WHAT YOU ARE ASKED TO DO - Each line of the material below should be reproduced exactly.

Segment Start: RECORDS FOR THIS TASK

-- ===== src/Strategy/Engine/Loops.antt =====
-- The loops of the engine's two tasks, `detector_loop` and `execution_monitor_loop`, as `start` runs
-- them side by side: in turns, in an order that the environment chooses. Inflight.antt has the finer
-- steps, between which the other task may come.
use arb_core.Common.{
  ℕ, ◌+◌, ◌≤◌, ◌≡◌, refl, Bool, true, false, List, [], ◌∷◌, String, Outcome, ok, err, panic,
  if◌then◌else◌, length, if-elim,
}
use arb_core.Decimal.{Decimal}
use arb_core.MarketData.Triangle.{TriView}
use arb_core.Strategy.Detector.{Opportunity, detect_triangular_opportunities}
use arb_core.Strategy.Config.{StrategyConfig, StrategyError}
use arb_core.Strategy.Engine.{StrategyEngine, ExecutionReport, count_seen, new_engine}
use arb_core.Strategy.Engine.Detector.{
  Verdict, refused, crashed, accepted, vet, handle_opportunity, handle_opportunities, handle_view,
  on_opportunities, register,
}
use arb_core.Strategy.Engine.Monitor.{
  handle_exec_report, scan_timeouts, cancel_plan, cancel_plans, to_cancel,
}
use arb_core.Strategy.Engine.Inflight.{
  Phase, idle, see, refuse, accept, enter, send, report, time_out, Reach, here, next,
  inflight-le-max,
}

-- One round of a loop: a view, with the identities and times of its opportunities; a report; a tick
-- of the monitor; and the ends of the two channels.
pub data Turn (D : Type 0) : Type 0 where
  view : TriView D → (ℕ → String × ℕ) → Turn D
  incoming : ExecutionReport D → Turn D
  tick : ℕ → Turn D
  views_closed reports_closed : Turn D

-- the engine with its two tasks, and whether each is running
pub record Tasks (D F : Type 0) : Type 0 where
  pub engine : StrategyEngine D F
  pub detecting : Bool
  pub monitoring : Bool

module _ {D F : Type 0} where
  unfoldable pub start : StrategyEngine D F → Tasks D F
  start e = record { engine = e; detecting = true; monitoring = true }

module _ {D F : Type 0} ⦃d : Decimal D⦄ where
  abbrev after_view : Tasks D F → StrategyEngine D F × Bool → Tasks D F
  after_view t (e, alive) = record t { engine = e; detecting = alive }

  unfoldable pub take_turn : Tasks D F → Turn D → Tasks D F
  unfolding handle_view handle_exec_report scan_timeouts
  take_turn t (view tv env) =
      if t.detecting then after_view t (handle_view t.engine tv 0 env) else t
  take_turn t (incoming r) =
      if t.monitoring then record t { engine = handle_exec_report t.engine r } else t
  take_turn t (tick now) =
      if t.monitoring then record t { engine = scan_timeouts t.engine now } else t
  take_turn t views_closed = record t { detecting = false }
  take_turn t reports_closed = record t { monitoring = false }

  unfoldable pub run_tasks : Tasks D F → List (Turn D) → Tasks D F
  unfolding take_turn
  run_tasks t [] = t
  run_tasks t (turn ∷ turns) = run_tasks (take_turn t turn) turns

  Reach-trans :
      {e : StrategyEngine D F} {ph : Phase D} {e' : StrategyEngine D F} {ph' : Phase D}
      {e'' : StrategyEngine D F} {ph'' : Phase D}
      → Reach e ph e' ph'
      → Reach e' ph' e'' ph''
      → Reach e ph e'' ph''
  Reach-trans r here = r
  Reach-trans r (next q s) = next (Reach-trans r q) s

  opportunity-Reach :
      (e : StrategyEngine D F) (op : Opportunity D) (id : String) (now : ℕ)
      → Reach e idle (handle_opportunity e op id now).0 idle
  unfolding handle_opportunity
  opportunity-Reach e op id now = go (vet e.cfg (length e.inflight) op id now) refl
    where
      go :
          (v : Verdict D)
          → vet e.cfg (length e.inflight) op id now ≡ v
          → Reach e idle (handle_opportunity e op id now).0 idle
      go refused f = rw (f, handle_opportunity) (next here (refuse e op id now f))
      go crashed f = rw (f, handle_opportunity) here
      go (accepted plan) f =
          rw (f, handle_opportunity)
            (next (next (next here (accept e op id now plan f)) (enter e plan now))
              (send (register e plan now) plan))

  opportunities-Reach :
      (e : StrategyEngine D F) (ops : List (Opportunity D)) (i : ℕ) (env : ℕ → String × ℕ)
      → Reach e idle (handle_opportunities e ops i env).0 idle
  unfolding handle_opportunities
  opportunities-Reach e [] i env = here
  opportunities-Reach e (op ∷ ops) i env =
      let (e', alive) = handle_opportunity e op (env i).0 (env i).1 in
      let first = opportunity-Reach e op (env i).0 (env i).1 in
      let rest = handle_opportunities e' ops (i + 1) env in
      if-elim (λ (r : StrategyEngine D F × Bool). Reach e idle r.0 idle) alive rest (e', false)
        (λ h. Reach-trans first (opportunities-Reach e' ops (i + 1) env)) (λ h. first)

  view-Reach :
      (e : StrategyEngine D F) (tv : TriView D) (env : ℕ → String × ℕ)
      → Reach e idle (handle_view e tv 0 env).0 idle
  unfolding handle_view
  view-Reach e tv env =
      go (detect_triangular_opportunities tv e.cfg.fee_map e.cfg.limits.min_profit_abs)
    where
      go :
          (r : Outcome (StrategyError D) (List (Opportunity D)))
          → Reach e idle (on_opportunities (count_seen e) 0 env r).0 idle
      go (ok ops) = Reach-trans (next here (see e)) (opportunities-Reach (count_seen e) ops 0 env)
      go (err b) = next here (see e)
      go panic = next here (see e)

  cancel_plans-Reach :
      (e : StrategyEngine D F) (ids : List String) → Reach e idle (cancel_plans e ids) idle
  unfolding cancel_plans
  cancel_plans-Reach e [] = here
  cancel_plans-Reach e (id ∷ ids) =
      Reach-trans (next here (time_out e idle id)) (cancel_plans-Reach (cancel_plan e id) ids)

  turn-Reach : (t : Tasks D F) (turn : Turn D) → Reach t.engine idle (take_turn t turn).engine idle
  unfolding take_turn scan_timeouts
  turn-Reach t (view tv env) =
      if-elim (λ (t' : Tasks D F). Reach t.engine idle t'.engine idle) t.detecting
        (after_view t (handle_view t.engine tv 0 env)) t (λ h. view-Reach t.engine tv env)
        (λ h. here)
  turn-Reach t (incoming r) =
      if-elim (λ (t' : Tasks D F). Reach t.engine idle t'.engine idle) t.monitoring
        (record t { engine = handle_exec_report t.engine r }) t
        (λ h. next here (report t.engine idle r)) (λ h. here)
  turn-Reach t (tick now) =
      if-elim (λ (t' : Tasks D F). Reach t.engine idle t'.engine idle) t.monitoring
        (record t { engine = scan_timeouts t.engine now }) t
        (λ h. cancel_plans-Reach t.engine (to_cancel t.engine.inflight now)) (λ h. here)
  turn-Reach t views_closed = here
  turn-Reach t reports_closed = here

  -- What the turns make of the engine is a run of the finer steps.
  run_tasks-Reach :
      (t : Tasks D F) (turns : List (Turn D)) → Reach t.engine idle (run_tasks t turns).engine idle
  unfolding run_tasks
  run_tasks-Reach t [] = here
  run_tasks-Reach t (turn ∷ turns) =
      Reach-trans (turn-Reach t turn) (run_tasks-Reach (take_turn t turn) turns)

  -- From a new engine, whatever turns the two tasks take, with whatever views, reports and times, and
  -- also after one of them has ended, no more plans are in flight than the configuration allows.
  pub run_tasks-le-max :
      (cfg : StrategyConfig D F) (turns : List (Turn D))
      → length (run_tasks (start (new_engine cfg)) turns).engine.inflight ≤ cfg.max_concurrent_plans
  unfolding start
  run_tasks-le-max cfg turns = inflight-le-max cfg (run_tasks-Reach (start (new_engine cfg)) turns)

Segment End: RECORDS FOR THIS TASK

ANSWER TO THIS TASK -
-- ===== src/Strategy/Engine/Loops.antt =====
-- The loops of the engine's two tasks, `detector_loop` and `execution_monitor_loop`, as `start` runs
-- them side by side: in turns, in an order that the environment chooses. Inflight.antt has the finer
-- steps, between which the other task may come.
use arb_core.Common.{
  ℕ, ◌+◌, ◌≤◌, ◌≡◌, refl, Bool, true, false, List, [], ◌∷◌, String, Outcome, ok, err, panic,
  if◌then◌else◌, length, if-elim,
}
use arb_core.Decimal.{Decimal}
use arb_core.MarketData.Triangle.{TriView}
use arb_core.Strategy.Detector.{Opportunity, detect_triangular_opportunities}
use arb_core.Strategy.Config.{StrategyConfig, StrategyError}
use arb_core.Strategy.Engine.{StrategyEngine, ExecutionReport, count_seen, new_engine}
use arb_core.Strategy.Engine.Detector.{
  Verdict, refused, crashed, accepted, vet, handle_opportunity, handle_opportunities, handle_view,
  on_opportunities, register,
}
use arb_core.Strategy.Engine.Monitor.{
  handle_exec_report, scan_timeouts, cancel_plan, cancel_plans, to_cancel,
}
use arb_core.Strategy.Engine.Inflight.{
  Phase, idle, see, refuse, accept, enter, send, report, time_out, Reach, here, next,
  inflight-le-max,
}

-- One round of a loop: a view, with the identities and times of its opportunities; a report; a tick
-- of the monitor; and the ends of the two channels.
pub data Turn (D : Type 0) : Type 0 where
  view : TriView D → (ℕ → String × ℕ) → Turn D
  incoming : ExecutionReport D → Turn D
  tick : ℕ → Turn D
  views_closed reports_closed : Turn D

-- the engine with its two tasks, and whether each is running
pub record Tasks (D F : Type 0) : Type 0 where
  pub engine : StrategyEngine D F
  pub detecting : Bool
  pub monitoring : Bool

module _ {D F : Type 0} where
  unfoldable pub start : StrategyEngine D F → Tasks D F
  start e = record { engine = e; detecting = true; monitoring = true }

module _ {D F : Type 0} ⦃d : Decimal D⦄ where
  abbrev after_view : Tasks D F → StrategyEngine D F × Bool → Tasks D F
  after_view t (e, alive) = record t { engine = e; detecting = alive }

  unfoldable pub take_turn : Tasks D F → Turn D → Tasks D F
  unfolding handle_view handle_exec_report scan_timeouts
  take_turn t (view tv env) =
      if t.detecting then after_view t (handle_view t.engine tv 0 env) else t
  take_turn t (incoming r) =
      if t.monitoring then record t { engine = handle_exec_report t.engine r } else t
  take_turn t (tick now) =
      if t.monitoring then record t { engine = scan_timeouts t.engine now } else t
  take_turn t views_closed = record t { detecting = false }
  take_turn t reports_closed = record t { monitoring = false }

  unfoldable pub run_tasks : Tasks D F → List (Turn D) → Tasks D F
  unfolding take_turn
  run_tasks t [] = t
  run_tasks t (turn ∷ turns) = run_tasks (take_turn t turn) turns

  Reach-trans :
      {e : StrategyEngine D F} {ph : Phase D} {e' : StrategyEngine D F} {ph' : Phase D}
      {e'' : StrategyEngine D F} {ph'' : Phase D}
      → Reach e ph e' ph'
      → Reach e' ph' e'' ph''
      → Reach e ph e'' ph''
  Reach-trans r here = r
  Reach-trans r (next q s) = next (Reach-trans r q) s

  opportunity-Reach :
      (e : StrategyEngine D F) (op : Opportunity D) (id : String) (now : ℕ)
      → Reach e idle (handle_opportunity e op id now).0 idle
  unfolding handle_opportunity
  opportunity-Reach e op id now = go (vet e.cfg (length e.inflight) op id now) refl
    where
      go :
          (v : Verdict D)
          → vet e.cfg (length e.inflight) op id now ≡ v
          → Reach e idle (handle_opportunity e op id now).0 idle
      go refused f = rw (f, handle_opportunity) (next here (refuse e op id now f))
      go crashed f = rw (f, handle_opportunity) here
      go (accepted plan) f =
          rw (f, handle_opportunity)
            (next (next (next here (accept e op id now plan f)) (enter e plan now))
              (send (register e plan now) plan))

  opportunities-Reach :
      (e : StrategyEngine D F) (ops : List (Opportunity D)) (i : ℕ) (env : ℕ → String × ℕ)
      → Reach e idle (handle_opportunities e ops i env).0 idle
  unfolding handle_opportunities
  opportunities-Reach e [] i env = here
  opportunities-Reach e (op ∷ ops) i env =
      let (e', alive) = handle_opportunity e op (env i).0 (env i).1 in
      let first = opportunity-Reach e op (env i).0 (env i).1 in
      let rest = handle_opportunities e' ops (i + 1) env in
      if-elim (λ (r : StrategyEngine D F × Bool). Reach e idle r.0 idle) alive rest (e', false)
        (λ h. Reach-trans first (opportunities-Reach e' ops (i + 1) env)) (λ h. first)

  view-Reach :
      (e : StrategyEngine D F) (tv : TriView D) (env : ℕ → String × ℕ)
      → Reach e idle (handle_view e tv 0 env).0 idle
  unfolding handle_view
  view-Reach e tv env =
      go (detect_triangular_opportunities tv e.cfg.fee_map e.cfg.limits.min_profit_abs)
    where
      go :
          (r : Outcome (StrategyError D) (List (Opportunity D)))
          → Reach e idle (on_opportunities (count_seen e) 0 env r).0 idle
      go (ok ops) = Reach-trans (next here (see e)) (opportunities-Reach (count_seen e) ops 0 env)
      go (err b) = next here (see e)
      go panic = next here (see e)

  cancel_plans-Reach :
      (e : StrategyEngine D F) (ids : List String) → Reach e idle (cancel_plans e ids) idle
  unfolding cancel_plans
  cancel_plans-Reach e [] = here
  cancel_plans-Reach e (id ∷ ids) =
      Reach-trans (next here (time_out e idle id)) (cancel_plans-Reach (cancel_plan e id) ids)

  turn-Reach : (t : Tasks D F) (turn : Turn D) → Reach t.engine idle (take_turn t turn).engine idle
  unfolding take_turn scan_timeouts
  turn-Reach t (view tv env) =
      if-elim (λ (t' : Tasks D F). Reach t.engine idle t'.engine idle) t.detecting
        (after_view t (handle_view t.engine tv 0 env)) t (λ h. view-Reach t.engine tv env)
        (λ h. here)
  turn-Reach t (incoming r) =
      if-elim (λ (t' : Tasks D F). Reach t.engine idle t'.engine idle) t.monitoring
        (record t { engine = handle_exec_report t.engine r }) t
        (λ h. next here (report t.engine idle r)) (λ h. here)
  turn-Reach t (tick now) =
      if-elim (λ (t' : Tasks D F). Reach t.engine idle t'.engine idle) t.monitoring
        (record t { engine = scan_timeouts t.engine now }) t
        (λ h. cancel_plans-Reach t.engine (to_cancel t.engine.inflight now)) (λ h. here)
  turn-Reach t views_closed = here
  turn-Reach t reports_closed = here

  -- What the turns make of the engine is a run of the finer steps.
  run_tasks-Reach :
      (t : Tasks D F) (turns : List (Turn D)) → Reach t.engine idle (run_tasks t turns).engine idle
  unfolding run_tasks
  run_tasks-Reach t [] = here
  run_tasks-Reach t (turn ∷ turns) =
      Reach-trans (turn-Reach t turn) (run_tasks-Reach (take_turn t turn) turns)

  -- From a new engine, whatever turns the two tasks take, with whatever views, reports and times, and
  -- also after one of them has ended, no more plans are in flight than the configuration allows.
  pub run_tasks-le-max :
      (cfg : StrategyConfig D F) (turns : List (Turn D))
      → length (run_tasks (start (new_engine cfg)) turns).engine.inflight ≤ cfg.max_concurrent_plans
  unfolding start
  run_tasks-le-max cfg turns = inflight-le-max cfg (run_tasks-Reach (start (new_engine cfg)) turns)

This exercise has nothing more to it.